### Exercise
Using the data below, return all lines in which "relay" appears.

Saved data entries
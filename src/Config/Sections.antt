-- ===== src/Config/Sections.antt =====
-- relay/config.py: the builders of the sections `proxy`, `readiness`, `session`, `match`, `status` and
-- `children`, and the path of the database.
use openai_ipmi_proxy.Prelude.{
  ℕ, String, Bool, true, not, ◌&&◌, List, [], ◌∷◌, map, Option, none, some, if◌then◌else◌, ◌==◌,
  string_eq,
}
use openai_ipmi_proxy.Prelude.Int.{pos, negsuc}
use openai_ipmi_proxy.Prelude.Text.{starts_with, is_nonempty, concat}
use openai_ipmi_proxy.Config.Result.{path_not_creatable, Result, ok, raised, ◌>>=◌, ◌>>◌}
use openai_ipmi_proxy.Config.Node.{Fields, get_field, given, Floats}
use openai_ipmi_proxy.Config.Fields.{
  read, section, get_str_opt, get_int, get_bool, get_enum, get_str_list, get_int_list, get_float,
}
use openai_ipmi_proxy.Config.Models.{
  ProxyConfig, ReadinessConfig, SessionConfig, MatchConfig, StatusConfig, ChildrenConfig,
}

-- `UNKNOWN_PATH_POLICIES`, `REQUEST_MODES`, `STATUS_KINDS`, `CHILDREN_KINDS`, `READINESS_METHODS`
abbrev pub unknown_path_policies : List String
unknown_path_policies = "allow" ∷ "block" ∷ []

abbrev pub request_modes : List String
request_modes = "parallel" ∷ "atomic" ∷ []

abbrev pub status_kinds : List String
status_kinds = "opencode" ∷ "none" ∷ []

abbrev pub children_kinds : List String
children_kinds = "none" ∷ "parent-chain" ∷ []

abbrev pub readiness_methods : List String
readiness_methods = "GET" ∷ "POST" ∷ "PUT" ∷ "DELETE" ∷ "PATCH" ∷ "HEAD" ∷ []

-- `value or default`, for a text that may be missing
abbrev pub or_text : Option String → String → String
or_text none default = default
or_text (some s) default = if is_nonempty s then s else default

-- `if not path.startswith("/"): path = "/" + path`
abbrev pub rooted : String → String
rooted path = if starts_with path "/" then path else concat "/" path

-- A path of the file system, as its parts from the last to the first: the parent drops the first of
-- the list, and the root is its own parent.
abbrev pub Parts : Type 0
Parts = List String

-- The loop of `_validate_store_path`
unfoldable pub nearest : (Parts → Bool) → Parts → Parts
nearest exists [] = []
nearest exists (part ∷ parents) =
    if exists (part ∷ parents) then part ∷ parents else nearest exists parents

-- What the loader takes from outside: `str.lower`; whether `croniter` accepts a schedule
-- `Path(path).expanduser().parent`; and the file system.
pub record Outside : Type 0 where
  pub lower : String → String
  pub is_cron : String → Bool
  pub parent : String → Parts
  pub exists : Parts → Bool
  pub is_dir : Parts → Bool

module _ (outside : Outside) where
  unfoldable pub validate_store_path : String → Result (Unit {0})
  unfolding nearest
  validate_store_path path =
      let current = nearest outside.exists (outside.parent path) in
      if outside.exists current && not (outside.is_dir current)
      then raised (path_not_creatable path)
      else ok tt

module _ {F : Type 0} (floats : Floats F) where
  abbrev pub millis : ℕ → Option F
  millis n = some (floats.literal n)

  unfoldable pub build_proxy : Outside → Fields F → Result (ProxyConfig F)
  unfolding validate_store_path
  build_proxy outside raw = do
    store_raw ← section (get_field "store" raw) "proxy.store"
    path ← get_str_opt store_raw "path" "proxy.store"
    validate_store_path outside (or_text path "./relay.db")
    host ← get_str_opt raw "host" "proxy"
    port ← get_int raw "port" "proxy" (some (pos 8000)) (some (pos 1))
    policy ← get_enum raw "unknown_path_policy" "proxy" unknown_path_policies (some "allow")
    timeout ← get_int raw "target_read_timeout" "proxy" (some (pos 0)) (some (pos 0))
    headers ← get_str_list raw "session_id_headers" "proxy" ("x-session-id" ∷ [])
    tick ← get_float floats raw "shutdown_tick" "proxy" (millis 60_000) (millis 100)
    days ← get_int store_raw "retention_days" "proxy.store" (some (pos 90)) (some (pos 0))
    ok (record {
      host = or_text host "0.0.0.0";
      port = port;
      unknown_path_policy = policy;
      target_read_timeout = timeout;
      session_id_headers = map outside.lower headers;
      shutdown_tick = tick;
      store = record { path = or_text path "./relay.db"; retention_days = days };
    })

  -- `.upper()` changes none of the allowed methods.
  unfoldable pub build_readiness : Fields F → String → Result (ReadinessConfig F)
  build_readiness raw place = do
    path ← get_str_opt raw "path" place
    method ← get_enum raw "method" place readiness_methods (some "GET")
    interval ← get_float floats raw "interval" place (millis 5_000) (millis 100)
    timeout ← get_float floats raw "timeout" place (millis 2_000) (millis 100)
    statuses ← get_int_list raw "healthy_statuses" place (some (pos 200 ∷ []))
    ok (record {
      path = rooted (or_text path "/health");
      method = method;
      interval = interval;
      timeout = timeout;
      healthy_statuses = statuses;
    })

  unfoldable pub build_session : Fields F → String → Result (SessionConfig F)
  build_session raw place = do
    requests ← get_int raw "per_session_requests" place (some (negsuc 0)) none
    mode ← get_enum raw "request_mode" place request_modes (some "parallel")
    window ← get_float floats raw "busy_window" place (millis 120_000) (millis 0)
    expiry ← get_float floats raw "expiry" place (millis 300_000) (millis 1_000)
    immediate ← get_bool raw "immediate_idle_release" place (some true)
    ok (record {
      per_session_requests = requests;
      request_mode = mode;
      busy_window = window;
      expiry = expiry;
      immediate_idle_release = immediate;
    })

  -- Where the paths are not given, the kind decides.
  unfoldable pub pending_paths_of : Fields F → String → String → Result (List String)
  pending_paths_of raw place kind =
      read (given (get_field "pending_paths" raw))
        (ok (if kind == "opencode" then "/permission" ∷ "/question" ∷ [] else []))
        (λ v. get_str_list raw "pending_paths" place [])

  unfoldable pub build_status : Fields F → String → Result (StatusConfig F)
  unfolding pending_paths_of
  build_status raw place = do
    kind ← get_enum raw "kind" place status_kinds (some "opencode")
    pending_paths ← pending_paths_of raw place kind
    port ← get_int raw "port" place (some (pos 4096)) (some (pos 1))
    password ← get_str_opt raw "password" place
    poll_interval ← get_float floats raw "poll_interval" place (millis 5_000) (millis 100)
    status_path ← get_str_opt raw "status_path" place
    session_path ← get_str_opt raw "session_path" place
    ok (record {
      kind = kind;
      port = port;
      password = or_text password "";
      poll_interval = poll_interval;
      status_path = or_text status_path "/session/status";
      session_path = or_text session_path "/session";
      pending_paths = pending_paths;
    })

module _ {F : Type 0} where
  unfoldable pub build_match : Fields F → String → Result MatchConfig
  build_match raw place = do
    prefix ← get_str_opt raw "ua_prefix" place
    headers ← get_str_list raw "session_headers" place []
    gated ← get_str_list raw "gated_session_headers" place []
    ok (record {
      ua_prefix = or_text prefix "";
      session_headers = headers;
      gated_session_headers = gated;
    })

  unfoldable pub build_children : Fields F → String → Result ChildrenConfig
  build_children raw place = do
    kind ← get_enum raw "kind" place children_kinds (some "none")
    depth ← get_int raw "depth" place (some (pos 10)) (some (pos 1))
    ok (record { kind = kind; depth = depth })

### Reply
-- relay/config.py: the builders of the sections `proxy`, `readiness`, `session`, `match`, `status` and
    validate_store_path outside (or_text path "./relay.db")
      store = record { path = or_text path "./relay.db"; retention_days = days };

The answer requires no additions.